======== EXTRACTED MATERIAL

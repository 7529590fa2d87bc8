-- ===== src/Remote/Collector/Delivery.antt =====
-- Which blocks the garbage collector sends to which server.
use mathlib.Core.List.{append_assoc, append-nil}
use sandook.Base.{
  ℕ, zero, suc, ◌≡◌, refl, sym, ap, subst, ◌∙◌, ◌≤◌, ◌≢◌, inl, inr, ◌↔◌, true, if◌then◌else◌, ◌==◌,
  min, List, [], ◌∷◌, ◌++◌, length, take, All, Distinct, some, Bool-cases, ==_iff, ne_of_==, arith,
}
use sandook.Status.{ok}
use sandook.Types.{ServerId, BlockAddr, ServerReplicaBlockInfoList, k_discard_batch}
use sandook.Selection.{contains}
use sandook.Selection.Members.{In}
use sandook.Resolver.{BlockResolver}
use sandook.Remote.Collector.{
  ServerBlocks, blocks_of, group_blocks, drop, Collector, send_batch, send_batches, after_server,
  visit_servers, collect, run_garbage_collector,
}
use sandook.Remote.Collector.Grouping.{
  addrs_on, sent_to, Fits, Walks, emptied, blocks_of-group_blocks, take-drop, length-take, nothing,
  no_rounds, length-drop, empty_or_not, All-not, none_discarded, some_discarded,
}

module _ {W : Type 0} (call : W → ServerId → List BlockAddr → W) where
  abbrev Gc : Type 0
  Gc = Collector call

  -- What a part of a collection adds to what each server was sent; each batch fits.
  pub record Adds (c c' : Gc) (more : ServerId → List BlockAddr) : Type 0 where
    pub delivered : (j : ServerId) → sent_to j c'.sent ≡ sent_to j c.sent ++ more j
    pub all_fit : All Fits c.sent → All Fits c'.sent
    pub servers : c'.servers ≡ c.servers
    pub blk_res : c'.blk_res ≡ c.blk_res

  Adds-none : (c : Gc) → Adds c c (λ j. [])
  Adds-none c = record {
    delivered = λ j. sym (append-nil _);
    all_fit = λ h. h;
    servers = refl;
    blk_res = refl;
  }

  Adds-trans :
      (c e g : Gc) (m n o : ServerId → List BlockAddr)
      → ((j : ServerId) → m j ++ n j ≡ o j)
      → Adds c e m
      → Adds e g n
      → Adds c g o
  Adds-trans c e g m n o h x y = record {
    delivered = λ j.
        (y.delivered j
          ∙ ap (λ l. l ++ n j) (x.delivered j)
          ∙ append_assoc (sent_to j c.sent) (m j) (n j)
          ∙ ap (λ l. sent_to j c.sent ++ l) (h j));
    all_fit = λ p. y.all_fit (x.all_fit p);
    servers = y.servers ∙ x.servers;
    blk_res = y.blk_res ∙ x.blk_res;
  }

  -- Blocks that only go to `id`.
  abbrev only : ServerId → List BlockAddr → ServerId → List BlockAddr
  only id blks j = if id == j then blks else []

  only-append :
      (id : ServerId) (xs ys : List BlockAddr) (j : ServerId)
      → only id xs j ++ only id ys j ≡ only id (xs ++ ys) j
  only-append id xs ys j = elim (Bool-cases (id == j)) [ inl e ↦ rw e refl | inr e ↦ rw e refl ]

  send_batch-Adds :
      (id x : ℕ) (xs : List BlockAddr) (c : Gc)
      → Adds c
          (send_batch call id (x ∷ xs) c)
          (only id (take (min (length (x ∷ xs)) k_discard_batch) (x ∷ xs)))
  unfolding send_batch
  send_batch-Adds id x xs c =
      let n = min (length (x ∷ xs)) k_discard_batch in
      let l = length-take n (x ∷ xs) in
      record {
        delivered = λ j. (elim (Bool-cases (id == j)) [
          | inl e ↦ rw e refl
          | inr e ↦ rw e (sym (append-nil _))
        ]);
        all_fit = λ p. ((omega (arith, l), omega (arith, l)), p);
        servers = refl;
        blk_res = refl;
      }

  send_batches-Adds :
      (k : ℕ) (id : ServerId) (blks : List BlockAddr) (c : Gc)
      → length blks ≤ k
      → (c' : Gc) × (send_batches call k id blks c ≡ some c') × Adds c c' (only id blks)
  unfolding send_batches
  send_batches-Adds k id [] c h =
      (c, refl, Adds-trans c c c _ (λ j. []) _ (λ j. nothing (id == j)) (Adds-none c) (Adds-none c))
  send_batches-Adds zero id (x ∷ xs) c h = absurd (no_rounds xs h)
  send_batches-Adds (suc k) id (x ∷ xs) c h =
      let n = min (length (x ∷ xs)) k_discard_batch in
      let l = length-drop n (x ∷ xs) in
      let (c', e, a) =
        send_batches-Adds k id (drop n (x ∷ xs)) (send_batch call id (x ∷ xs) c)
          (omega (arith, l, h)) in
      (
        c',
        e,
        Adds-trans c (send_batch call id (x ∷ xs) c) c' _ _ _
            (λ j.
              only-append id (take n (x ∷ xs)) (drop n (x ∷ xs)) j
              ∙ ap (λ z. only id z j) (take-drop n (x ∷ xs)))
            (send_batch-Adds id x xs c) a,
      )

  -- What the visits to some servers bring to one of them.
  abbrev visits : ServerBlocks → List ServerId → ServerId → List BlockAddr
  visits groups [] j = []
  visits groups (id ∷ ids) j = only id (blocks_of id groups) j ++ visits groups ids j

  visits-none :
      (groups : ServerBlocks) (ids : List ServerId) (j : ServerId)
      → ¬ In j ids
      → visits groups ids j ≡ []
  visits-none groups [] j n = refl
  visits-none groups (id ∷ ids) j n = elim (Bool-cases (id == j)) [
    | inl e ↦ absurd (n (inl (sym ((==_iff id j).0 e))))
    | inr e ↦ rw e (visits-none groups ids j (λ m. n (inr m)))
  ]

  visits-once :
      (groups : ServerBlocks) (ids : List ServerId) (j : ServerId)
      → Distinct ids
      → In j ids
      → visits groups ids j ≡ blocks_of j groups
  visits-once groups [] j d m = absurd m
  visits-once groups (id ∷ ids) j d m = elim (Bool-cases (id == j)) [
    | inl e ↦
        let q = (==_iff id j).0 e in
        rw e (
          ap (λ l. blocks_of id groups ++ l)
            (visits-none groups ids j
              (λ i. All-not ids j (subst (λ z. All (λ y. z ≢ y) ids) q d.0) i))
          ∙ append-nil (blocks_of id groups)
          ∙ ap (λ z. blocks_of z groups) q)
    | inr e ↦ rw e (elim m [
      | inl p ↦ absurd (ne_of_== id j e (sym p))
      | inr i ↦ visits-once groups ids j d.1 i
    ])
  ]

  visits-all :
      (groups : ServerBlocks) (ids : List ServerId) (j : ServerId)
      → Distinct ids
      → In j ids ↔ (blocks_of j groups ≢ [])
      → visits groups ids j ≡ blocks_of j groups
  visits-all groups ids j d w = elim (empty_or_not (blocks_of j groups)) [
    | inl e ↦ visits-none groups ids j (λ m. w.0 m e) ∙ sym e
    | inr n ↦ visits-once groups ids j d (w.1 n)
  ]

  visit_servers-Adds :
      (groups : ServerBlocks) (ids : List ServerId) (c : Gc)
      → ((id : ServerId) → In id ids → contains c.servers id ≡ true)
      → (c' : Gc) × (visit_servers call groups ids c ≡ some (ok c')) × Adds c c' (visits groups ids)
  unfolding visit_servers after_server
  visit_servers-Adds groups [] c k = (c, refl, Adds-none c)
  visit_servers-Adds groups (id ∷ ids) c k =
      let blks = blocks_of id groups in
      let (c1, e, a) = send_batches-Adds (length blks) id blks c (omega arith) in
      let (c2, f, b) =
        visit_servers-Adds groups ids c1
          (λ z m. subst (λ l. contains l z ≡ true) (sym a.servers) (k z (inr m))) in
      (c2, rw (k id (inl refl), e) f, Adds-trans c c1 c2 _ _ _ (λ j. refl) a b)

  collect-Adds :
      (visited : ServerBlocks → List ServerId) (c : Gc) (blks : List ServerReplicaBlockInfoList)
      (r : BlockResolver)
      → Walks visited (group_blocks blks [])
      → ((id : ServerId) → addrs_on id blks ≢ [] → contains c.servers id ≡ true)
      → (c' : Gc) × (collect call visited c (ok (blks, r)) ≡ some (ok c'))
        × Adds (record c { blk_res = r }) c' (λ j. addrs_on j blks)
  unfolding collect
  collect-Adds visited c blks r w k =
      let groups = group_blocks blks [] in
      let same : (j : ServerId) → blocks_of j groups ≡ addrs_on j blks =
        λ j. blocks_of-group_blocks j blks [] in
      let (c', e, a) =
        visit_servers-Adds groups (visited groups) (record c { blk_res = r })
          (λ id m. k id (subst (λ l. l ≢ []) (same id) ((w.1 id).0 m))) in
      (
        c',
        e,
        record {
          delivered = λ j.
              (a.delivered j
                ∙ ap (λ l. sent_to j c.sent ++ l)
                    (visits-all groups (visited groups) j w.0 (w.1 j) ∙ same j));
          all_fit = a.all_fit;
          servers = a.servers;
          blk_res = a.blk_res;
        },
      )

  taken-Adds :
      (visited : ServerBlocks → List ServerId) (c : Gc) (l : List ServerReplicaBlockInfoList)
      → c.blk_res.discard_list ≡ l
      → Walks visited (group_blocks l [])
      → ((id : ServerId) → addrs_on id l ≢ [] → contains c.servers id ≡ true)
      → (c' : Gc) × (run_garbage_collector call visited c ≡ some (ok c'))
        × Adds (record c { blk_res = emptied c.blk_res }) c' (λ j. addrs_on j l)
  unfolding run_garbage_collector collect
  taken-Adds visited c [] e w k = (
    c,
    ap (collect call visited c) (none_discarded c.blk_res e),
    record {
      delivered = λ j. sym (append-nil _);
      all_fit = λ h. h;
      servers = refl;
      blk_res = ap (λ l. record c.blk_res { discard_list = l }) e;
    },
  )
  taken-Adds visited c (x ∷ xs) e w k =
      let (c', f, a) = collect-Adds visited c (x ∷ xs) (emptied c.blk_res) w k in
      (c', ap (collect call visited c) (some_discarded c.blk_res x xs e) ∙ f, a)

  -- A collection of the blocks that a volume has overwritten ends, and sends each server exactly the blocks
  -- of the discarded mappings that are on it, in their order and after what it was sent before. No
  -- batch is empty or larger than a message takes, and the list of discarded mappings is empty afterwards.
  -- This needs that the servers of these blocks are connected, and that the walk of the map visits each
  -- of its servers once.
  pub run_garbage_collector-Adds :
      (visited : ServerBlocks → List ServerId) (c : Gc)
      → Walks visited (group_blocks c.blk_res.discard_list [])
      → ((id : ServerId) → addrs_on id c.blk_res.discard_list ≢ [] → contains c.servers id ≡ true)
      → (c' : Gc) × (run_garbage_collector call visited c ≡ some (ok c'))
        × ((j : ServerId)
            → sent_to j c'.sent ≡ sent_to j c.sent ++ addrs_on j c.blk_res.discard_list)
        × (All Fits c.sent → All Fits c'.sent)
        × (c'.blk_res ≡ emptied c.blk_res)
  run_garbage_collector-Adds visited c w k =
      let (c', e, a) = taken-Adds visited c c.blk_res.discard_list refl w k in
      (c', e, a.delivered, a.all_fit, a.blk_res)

================

WHAT IS NEEDED:
Please filter the listing down to lines that include the word "more".

RESPONSE:
  pub record Adds (c c' : Gc) (more : ServerId → List BlockAddr) : Type 0 where
    pub delivered : (j : ServerId) → sent_to j c'.sent ≡ sent_to j c.sent ++ more j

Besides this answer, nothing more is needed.